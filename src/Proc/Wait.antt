-- ===== src/Proc/Wait.antt =====
-- What kwait() and kkill() return, and what follows for the callers.
use os.Prelude.{
  ℕ, zero, suc, ◌+◌, ◌<◌, ◌≤◌, ◌≡◌, ◌≢◌, ◌⊎◌, inl, inr, refl, ap, ◌∙◌, Bool, true, false, ◌==◌,
  if◌then◌else◌, update, arith, Bool-cases, ==_iff, Option, none, some,
}
use mathlib.Core.Path.{subst}
use os.Kernel.{Result, ok}
use os.Proc.{
  Table, nproc, unused, sleeping, runnable, ptr, set_proc, sleep, freeproc, kexit, kwait,
  kwait_found, scan, Scan, reap, copy_fails, kids, Waited, reaped, failed, asleep, kill_loop, kkill,
  find_unused, alloc_entry, allocproc, allocpid,
}
use os.Proc.Search.{IsDead, Scanned, scan-Scanned}
use os.Proc.Steps.{Reach}
use os.Proc.Reachable.{Reach-Inv}

-- What a round of kwait() by `i` has done, by its result.
abbrev pub Round : (ℕ → Bool) → ℕ → Table → Waited × Table → Type 0
Round copy i t (reaped pid, u) =
    (j : ℕ) × (j < nproc)
    × IsDead (ptr i) t j
    × (copy (t.proc j).xstate ≡ true)
    × (pid ≡ (t.proc j).pid)
    × (u ≡ freeproc j t)
Round copy i t (failed, u) =
    (u ≡ t)
    × (((j : ℕ) × (j < nproc) × IsDead (ptr i) t j × (copy (t.proc j).xstate ≡ false))
        ⊎ (((k : ℕ) → k < nproc → ¬ IsDead (ptr i) t k)
            × (((t.proc i).killed ≡ true) ⊎ ((k : ℕ) → k < nproc → (t.proc k).parent ≢ ptr i))))
Round copy i t (asleep, u) =
    (u ≡ sleep i (ptr i) t)
    × ((k : ℕ) → k < nproc → ¬ IsDead (ptr i) t k)
    × ((t.proc i).killed ≡ false)
    × ((k : ℕ) × (k < nproc) × ((t.proc k).parent ≡ ptr i))

kwait_found-Round :
    (copy : ℕ → Bool) (i : ℕ) (t : Table) (r : Scan)
    → Scanned copy (ptr i) 0 nproc false t r
    → Round copy i t (kwait_found i t r)
unfolding kwait_found
kwait_found-Round copy i t (reap j) q = (j, q.1, q.2, q.3, refl, refl)
kwait_found-Round copy i t (copy_fails j) q = (refl, inl (j, q.1, q.2, q.3))
kwait_found-Round copy i t (kids have) q = elim (Bool-cases have) [
  | inr e ↦
      rw e (refl, inr (λ k lt. q.0 k (omega arith) lt, inr (λ k lt. (q.1 e).1 k (omega arith) lt)))
  | inl e ↦ elim (Bool-cases (t.proc i).killed) [
    | inl d ↦ rw (e, d) (refl, inr (λ k lt. q.0 k (omega arith) lt, inl d))
    | inr d ↦
        rw (e, d)
          (
            refl,
            λ k lt. q.0 k (omega arith) lt,
            d,
            elim (q.2 e) [ inl none_yet ↦ absurd (ground arith) | inr (k, lo, lt, p) ↦ (k, lt, p) ],
          )
  ]
]

-- A round of kwait() returns the pid of a child that has exited, and frees its entry; or it fails
-- and changes nothing, since the status of such a child cannot be copied out, or no child has
-- exited and there is none or the caller is killed; or it sleeps, since it is not killed and
-- has children and none has exited.
pub kwait-Round : (copy : ℕ → Bool) (i : ℕ) (t : Table) → Round copy i t (kwait copy i t)
unfolding kwait
kwait-Round copy i t =
    kwait_found-Round copy i t (scan copy (ptr i) nproc 0 false t)
      (scan-Scanned copy (ptr i) nproc 0 false t)

-- kwait() has freed a child that had exited
abbrev pub Reaps : ℕ → Table → Waited × Table → Type 0
Reaps i t (r, u) =
    (j : ℕ) × (j < nproc) × IsDead (ptr i) t j × (r ≡ reaped (t.proc j).pid) × (u ≡ freeproc j t)

Round-Reaps :
    (i : ℕ) (t : Table)
    → ((k : ℕ) × (k < nproc) × IsDead (ptr i) t k)
    → (r : Waited × Table) → Round (λ _. true) i t r
    → Reaps i t r
Round-Reaps i t dead (reaped pid, u) (j, lj, d, c, e, is) = (j, lj, d, ap reaped e, is)
Round-Reaps i t (k, lt, d) (failed, u) (is, inl (j, lj, d', c)) = absurd (ground arith)
Round-Reaps i t (k, lt, d) (failed, u) (is, inr (none_dead, _)) = absurd (none_dead k lt d)
Round-Reaps i t (k, lt, d) (asleep, u) (is, none_dead, _, _) = absurd (none_dead k lt d)

-- the parent that the exit of `i` has left it can reap a child
abbrev Reapable : ℕ → Result (Unit {0} × Table) → Type 0
Reapable i (ok (r, v)) = (p : ℕ) → (v.proc i).parent ≡ ptr p → Reaps p v (kwait (λ _. true) p v)
Reapable i r = Unit

kexit-Reapable : (i status : ℕ) (t : Table) → i < nproc → Reapable i (kexit i status t)
unfolding kexit
kexit-Reapable i status t li = elim (Bool-cases (ptr i == t.init)) [
  | inl e ↦ rw e tt
  | inr e ↦ rw e (λ p par.
      Round-Reaps p _ (i, li, (ground arith, ground arith)) _ (kwait-Round (λ _. true) p _))
]

-- Once kexit() has returned, a round of kwait() by the parent of the process, with an address that
-- the status can be copied to, returns the pid of a child that has exited and frees its entry: it
-- neither fails nor sleeps.
pub kexit-kwait :
    (t : Table) {v : Table} (i status p : ℕ)
    → i < nproc
    → kexit i status t ≡ ok (tt, v)
    → (v.proc i).parent ≡ ptr p
    → Reaps p v (kwait (λ _. true) p v)
kexit-kwait t {v} i status p li e par = subst (Reapable i) e (kexit-Reapable i status t li) p par

-- kill(0) is kkill() on the first unused entry, whose pid is 0
marked : Option ℕ → Table → Bool × Table
marked none t = (false, t)
marked (some j) t = (true, set_proc t j (record (t.proc j) { killed = true }))

asleep_not : (state : ℕ) → state ≡ unused → (if state == sleeping then runnable else state) ≡ state
asleep_not state e = ground arith

kill_loop-zero :
    (t : Table)
    → ((k : ℕ) → k < nproc → ((t.proc k).state == unused) ≡ ((t.proc k).pid == 0))
    → (left i : ℕ) → i + left ≤ nproc
    → kill_loop 0 left i t ≡ marked (find_unused left i t) t
unfolding kill_loop find_unused marked
kill_loop-zero t pids zero i le = refl
kill_loop-zero t pids (suc left) i le = elim (Bool-cases ((t.proc i).pid == 0)) [
  | inl e ↦
      rw (pids i (omega arith), e)
        (rw (asleep_not (t.proc i).state ((==_iff _ _).0 (pids i (omega arith) ∙ e))) refl)
  | inr e ↦ rw (pids i (omega arith), e) (kill_loop-zero t pids left (i + 1) (omega arith))
]

marked-state :
    (t : Table) (j i : ℕ)
    → (update t.proc j (record (t.proc j) { killed = true }) i).state ≡ (t.proc i).state
marked-state t j i = elim (Bool-cases (i == j)) [
  | inl e ↦ rw ((==_iff i j).0 e) (ground arith)
  | inr e ↦ ground arith
]

find_unused-marked :
    (t : Table) (j left i : ℕ)
    → find_unused left i (set_proc t j (record (t.proc j) { killed = true })) ≡ find_unused left i t
unfolding find_unused
find_unused-marked t j zero i = refl
find_unused-marked t j (suc left) i =
    rw (marked-state t j i, find_unused-marked t j left (i + 1)) refl

-- kill(0) is not refused: in every reachable state with an unused entry it marks the first one,
-- and the next process, which gets that entry, is killed before it has run.
pub kkill-allocproc :
    {t : Table} (i : ℕ)
    → Reach t
    → find_unused nproc 0 t ≡ some i
    → ((kkill 0 t).0 ≡ true)
      × ((allocproc true true (kkill 0 t).1).0 ≡ some i)
      × (((allocproc true true (kkill 0 t).1).1.proc i).killed ≡ true)
unfolding kkill marked allocproc alloc_entry allocpid
kkill-allocproc {t} i r e =
    rw
      (
        kill_loop-zero t (λ k lt. pid_zero k lt) nproc 0 (omega arith),
        e,
        find_unused-marked t i nproc 0,
        e,
      )
      (refl, refl, ground arith)
  where
    pid_zero : (k : ℕ) → k < nproc → ((t.proc k).state == unused) ≡ ((t.proc k).pid == 0)
    pid_zero k lt = ground (arith, (Reach-Inv r).free k lt, (Reach-Inv r).pids k lt)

■ ■ ■ ■

● TASK STATEMENT: Proceeding from the line containing "(scan-Scanned copy (ptr" through the line containing "Round-Reaps i t dead", transcribe the lines above exactly, both end lines included.

● COMPLETED EXERCISE:
      (scan-Scanned copy (ptr i) nproc 0 false t)

-- kwait() has freed a child that had exited
abbrev pub Reaps : ℕ → Table → Waited × Table → Type 0
Reaps i t (r, u) =
    (j : ℕ) × (j < nproc) × IsDead (ptr i) t j × (r ≡ reaped (t.proc j).pid) × (u ≡ freeproc j t)

Round-Reaps :
    (i : ℕ) (t : Table)
    → ((k : ℕ) × (k < nproc) × IsDead (ptr i) t k)
    → (r : Waited × Table) → Round (λ _. true) i t r
    → Reaps i t r
Round-Reaps i t dead (reaped pid, u) (j, lj, d, c, e, is) = (j, lj, d, ap reaped e, is)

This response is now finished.